0F215CA3-6EFB-4A63-845A-52C8CCAD3DD6.jpeg


My first thought was to add a wooden extension the existing lever but since there was plenty of room, I made a wooden knob instead.
4FBB1057-912E-4DA9-AAB6-555BC4D899C7.jpeg


The thick thrust washer was made from a piece of an HDPE kitchen cutting board.
FACAC4ED-805C-4CDE-A0B3-E422D19A0BDB.jpeg


The knob was made in two parts using a 12-1.75mm bolt. The wooden knob is a butcher-block glueup made out of mahogany scraps. These two parts were epoxied together.
0ED9EF05-0776-4499-B836-9D810332306D.jpeg


With limited use to date, I am pleased with this improvement.
 

Oka

Casey
Corporate Member
Totally like it ! THe drill press adjustment hardware on most drill presses is pretty lame. This is a good fix for this one.
 

pop-pop

Man with many vises
Corporate Member
Totally like it ! THe drill press adjustment hardware on most drill presses is pretty lame. This is a good fix for this one.
All other drill presses that I remember have had table lock levers on the right as one faces the table. This one is on the left and I am right-handed so that added to the inconvenience.
 

Gotcha6

Dennis
Staff member
Corporate Member
I didn't realize that the press had an elevator crank too. I was thinking the only problem was the column clamp you made the knob for being on the wrong side, and not the one you have circled in the illustration above or the crank itself. You're probably better off as it is, as I would hate to have to crank the table up and down with my non dominant arm.
 

pop-pop

Man with many vises
Corporate Member
Whoops. I chose the wrong pic in the manual and that was their red circle.
I replaced part #4 “Clamp lock handle”.
34EDAEF6-35BC-4280-97B6-0749AAAA5968.jpeg

N
 

Gotcha6

Dennis
Staff member
Corporate Member
Another option to solve your problem might be to drill out the column bracket (#11) and tap the left side to a larger size bolt to get it to a favored side. I'd hope the thread would be of a similar or finer pitch than the present one, allowing for better clamping action. I've also seen illustrations where people would make shaft extensions for the crank to get it out from behind the table.
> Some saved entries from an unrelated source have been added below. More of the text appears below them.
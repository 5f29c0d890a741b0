-- ===== src/Agenda/Tests.antt =====
-- Three events on two days, searched and filtered.
use mathlib.Core.List.{map, Perm}
use tidyboard.Prelude.{
  ◌≡◌, refl, List, [], ◌∷◌, Option, none, some, String, str_eq, true, false, ◌⊎◌, or_else,
  if◌then◌else◌, keep, not,
}
use tidyboard.Sort.{sort, insert}
use tidyboard.Agenda.{CalendarEvent, Dates, Group, groups}
use tidyboard.Agenda.Readable.{all_readable}
use tidyboard.Agenda.Shown.{shown, is_assigned, has_text, groups-shown}

abbrev dates : Dates
dates = record {
  date_of = λ v.
      if str_eq v "2026-01-06T10:00Z"
      then some "2026-01-06"
      else if str_eq v "soon"
      then none
      else some "2026-01-05";
  before = λ a b. not (str_eq a "2026-01-06");
  label = λ k. k;
  casing = record { upper = λ t. t; lower = λ t. if str_eq t "GYM" then "gym" else t };
}

abbrev event : String → Option String → List String → CalendarEvent
event title start_time members = record {
  title = title;
  start = none;
  start_time = start_time;
  location = none;
  members = some members;
  assigned_members = none;
}

abbrev events : List CalendarEvent
events =
    event "GYM" (some "2026-01-06T10:00Z") ("m1" ∷ [])
    ∷ event "dinner" none ("m1" ∷ "m2" ∷ [])
    ∷ event "school" (some "2026-01-05T08:00Z") ("m2" ∷ [])
    ∷ []

abbrev or_none : Option (List Group) → List Group
or_none gs = or_else gs []

agenda_tests :
    (map (λ g. g.label) (or_none (groups dates "TODAY" "2026-01-05" "" none events))
      ≡ "TODAY · 2026-01-05" ∷ "2026-01-06" ∷ [])
    × (map
          (λ e. e.title)
          (shown (or_none (groups dates "TODAY" "2026-01-05" "" (some "m2") events)))
        ≡ "dinner" ∷ "school" ∷ [])
    × (map (λ e. e.title) (shown (or_none (groups dates "TODAY" "2026-01-05" " gy " none events)))
        ≡ "GYM" ∷ [])
    × (groups dates "TODAY" "2026-01-05" "" none (event "odd" (some "soon") [] ∷ events) ≡ none)
unfolding sort insert
agenda_tests = (refl, refl, refl, refl)

groups-shown_example :
    let chosen = keep (is_assigned (some "m1")) events in
    let drawn = groups dates "TODAY" "2026-01-05" " gy " (some "m1") events in
    ((all_readable dates chosen ≡ true)
      × ((gs : List Group) × ((drawn ≡ some gs)
            × Perm (shown gs) (keep (has_text dates " gy ") chosen))))
    ⊎ ((all_readable dates chosen ≡ false) × (drawn ≡ none))
groups-shown_example = groups-shown dates "TODAY" "2026-01-05" " gy " (some "m1") events
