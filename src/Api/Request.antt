-- ===== src/Api/Request.antt =====
-- web/src/lib/api/client.ts, the `api` object: a request is its method, its path below the base URL
-- and its JSON body. What the browser does with texts (`encodeURIComponent`, `URLSearchParams`,
-- numbers in template strings) is a parameter.
use tidyboard.Prelude.{
  ℕ, Bool, List, [], ◌∷◌, Option, none, some, String, truthy, ◌+++◌, if◌then◌else◌,
}
use tidyboard.Prelude.Int.{ℤ}

mutual
  pub data Json : Type 0 where
    null : Json
    bool : Bool → Json
    number : ℤ → Json
    text : String → Json
    array : Items → Json
    object : Fields → Json

  pub data Items : Type 0 where
    nil : Items
    cons : Json → Items → Items

  pub data Fields : Type 0 where
    end : Fields
    field : String → Json → Fields → Fields

abbrev pub to_fields : List (String × Json) → Fields
to_fields [] = end
to_fields ((k, v) ∷ rest) = field k v (to_fields rest)

-- An object literal.
abbrev pub obj : List (String × Json) → Json
obj fs = object (to_fields fs)

abbrev pub to_items : List String → Items
to_items [] = nil
to_items (s ∷ rest) = cons (text s) (to_items rest)

abbrev pub texts : List String → Json
texts ss = array (to_items ss)

-- `...(x !== undefined ? { key: x } : {})`
abbrev pub if_defined : String → Option Json → List (String × Json)
if_defined key none = []
if_defined key (some v) = (key, v) ∷ []

-- `...(x ? { key: x } : {})` for a text that may be undefined.
abbrev pub if_truthy : String → Option String → List (String × Json)
if_truthy key none = []
if_truthy key (some s) = if truthy s then (key, text s) ∷ [] else []

abbrev pub text_or_null : Option String → Json
text_or_null none = null
text_or_null (some s) = text s

pub data Method : Type 0 where
  get post put patch delete : Method

pub record Request : Type 0 where
  pub method : Method
  pub path : String
  pub body : Option Json

abbrev pub api_get : String → Request
api_get path = record { method = get; path = path; body = none }

abbrev pub api_post : String → Json → Request
api_post path body = record { method = post; path = path; body = some body }

abbrev pub api_put : String → Json → Request
api_put path body = record { method = put; path = path; body = some body }

abbrev pub api_patch : String → Json → Request
api_patch path body = record { method = patch; path = path; body = some body }

abbrev pub api_delete : String → Request
api_delete path = record { method = delete; path = path; body = none }

-- The browser's own functions on texts.
pub record Platform : Type 0 where
  pub encode_uri_component : String → String
  pub search_params : List (String × String) → String
  pub number_text : ℕ → String

-- `if (value) qs.set(key, value)`
abbrev pub set_if : String → Option String → List (String × String)
set_if key none = []
set_if key (some s) = if truthy s then (key, s) ∷ [] else []

-- `qs.toString() ? "?" + qs.toString() : ""`
abbrev pub suffix : Platform → List (String × String) → String
suffix p ps = if truthy (p.search_params ps) then "?" +++ p.search_params ps else ""
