-- ===== src/Notes.antt =====
-- web/src/lib/notes/use-notes.ts: the board of family notes and the browser's storage under its key. The
-- two JSON functions are a parameter; the id and the time of a new note are inputs.
mod Mirror
mod Tests
use tidyboard.Prelude.{
  ℕ, ◌≡◌, Bool, true, false, not, List, [], ◌∷◌, Option, none, some, String, truthy, if◌then◌else◌,
  or_else, str_eq, keep, take, map,
}
use tidyboard.Api.Request.{
  Json, Items, Fields, null, bool, number, text, array, object, nil, cons, end, field, obj,
}

pub record Note : Type 0 where
  pub id : String
  pub body : String
  pub author_id : String
  pub color : String
  pub pinned_at : String

-- The JSON texts, with `JSON.stringify` and `JSON.parse` (none where it throws): no text that the one
-- writes is empty, and the other reads it back.
pub record JsonCodec : Type 1 where
  pub Text : Type 0
  pub is_empty : Text → Bool
  pub stringify : Json → Text
  pub parse : Text → Option Json
  pub parse-stringify : (j : Json) → parse (stringify j) ≡ some j
  pub stringify-nonempty : (j : Json) → is_empty (stringify j) ≡ false

abbrev pub get_field : String → Fields → Option Json
get_field k end = none
get_field k (field j v rest) = if str_eq j k then some v else get_field k rest

-- `typeof n.key === "string"`
abbrev pub text_of : Option Json → Option String
text_of none = none
text_of (some null) = none
text_of (some (bool _)) = none
text_of (some (number _)) = none
text_of (some (text s)) = some s
text_of (some (array _)) = none
text_of (some (object _)) = none

infixl 40 ◌>>=◌
abbrev ◌>>=◌ : Option String → (String → Option Note) → Option Note
none >>= f = none
some s >>= f = f s

-- The test of `readNotes` on an entry, with the note that the entry is.
abbrev pub note_of_fields : Fields → Option Note
note_of_fields fs = do
  id ← text_of (get_field "id" fs)
  body ← text_of (get_field "body" fs)
  author_id ← text_of (get_field "author_id" fs)
  color ← text_of (get_field "color" fs)
  pinned_at ← text_of (get_field "pinned_at" fs)
  some
      (record { id = id; body = body; author_id = author_id; color = color; pinned_at = pinned_at })

-- `n && typeof n.id === "string" && ...`
abbrev pub note_of : Json → Option Note
note_of null = none
note_of (bool _) = none
note_of (number _) = none
note_of (text _) = none
note_of (array _) = none
note_of (object fs) = note_of_fields fs

abbrev keep_some : Option Note → List Note → List Note
keep_some none ns = ns
keep_some (some n) ns = n ∷ ns

abbrev pub notes_in : Items → List Note
notes_in nil = []
notes_in (cons j rest) = keep_some (note_of j) (notes_in rest)

-- `JSON.parse` that throws, and a value that is no array, give no notes.
abbrev pub notes_of : Option Json → List Note
notes_of none = []
notes_of (some null) = []
notes_of (some (bool _)) = []
notes_of (some (number _)) = []
notes_of (some (text _)) = []
notes_of (some (array items)) = notes_in items
notes_of (some (object _)) = []

abbrev pub read_notes : (codec : JsonCodec) → Option codec.Text → List Note
read_notes codec none = []
read_notes codec (some raw) = if codec.is_empty raw then [] else notes_of (codec.parse raw)

abbrev pub note_json : Note → Json
note_json n = obj (
    ("id", text n.id)
    ∷ ("body", text n.body)
    ∷ ("author_id", text n.author_id)
    ∷ ("color", text n.color)
    ∷ ("pinned_at", text n.pinned_at)
    ∷ [])

abbrev pub notes_json : List Note → Items
notes_json [] = nil
notes_json (n ∷ ns) = cons (note_json n) (notes_json ns)

abbrev pub write_notes : (codec : JsonCodec) → List Note → codec.Text
write_notes codec ns = codec.stringify (array (notes_json ns))

-- `MAX_NOTES`
abbrev pub max_notes : ℕ
max_notes = 50

-- `Partial<Pick<Note, "body" | "color">>`
pub record Patch : Type 0 where
  pub body : Option String
  pub color : Option String

abbrev pub patched : Patch → Note → Note
patched p n = record {
  id = n.id;
  body = or_else p.body n.body;
  author_id = n.author_id;
  color = or_else p.color n.color;
  pinned_at = n.pinned_at;
}

pub data Change : Type 0 where
  add_note : Note → Change
  remove_note : String → Change
  update_note : String → Patch → Change

abbrev pub next : Change → List Note → List Note
next (add_note n) prev = take max_notes (n ∷ prev)
next (remove_note id) prev = keep (λ n. not (str_eq n.id id)) prev
next (update_note id p) prev = map (λ n. if str_eq n.id id then patched p n else n) prev

module _ (codec : JsonCodec) where
  -- The hook's state and the entry of the storage.
  pub record Board : Type 0 where
    pub notes : List Note
    pub stored : Option codec.Text

  abbrev pub mounted : Option codec.Text → Board
  mounted stored = record { notes = read_notes codec stored; stored = stored }

  abbrev pub change : Board → Change → Board
  change b c =
      let ns = next c b.notes in record { notes = ns; stored = some (write_notes codec ns) }

  abbrev pub changes : Board → List Change → Board
  changes b [] = b
  changes b (c ∷ cs) = changes (change b c) cs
A good idea if you plan to make a table topper that is wider and deeper than the present one.
 

tvrgeek

Scott
Corporate Member
If I were designing a drill press, I would have the rack and pinion setup so the elevation crank and lock was accessible from the front.
 

pop-pop

Man with many vises
Corporate Member
The three-flute knob was not optimum. I decided to try and design a knob from an ergonomic perspective.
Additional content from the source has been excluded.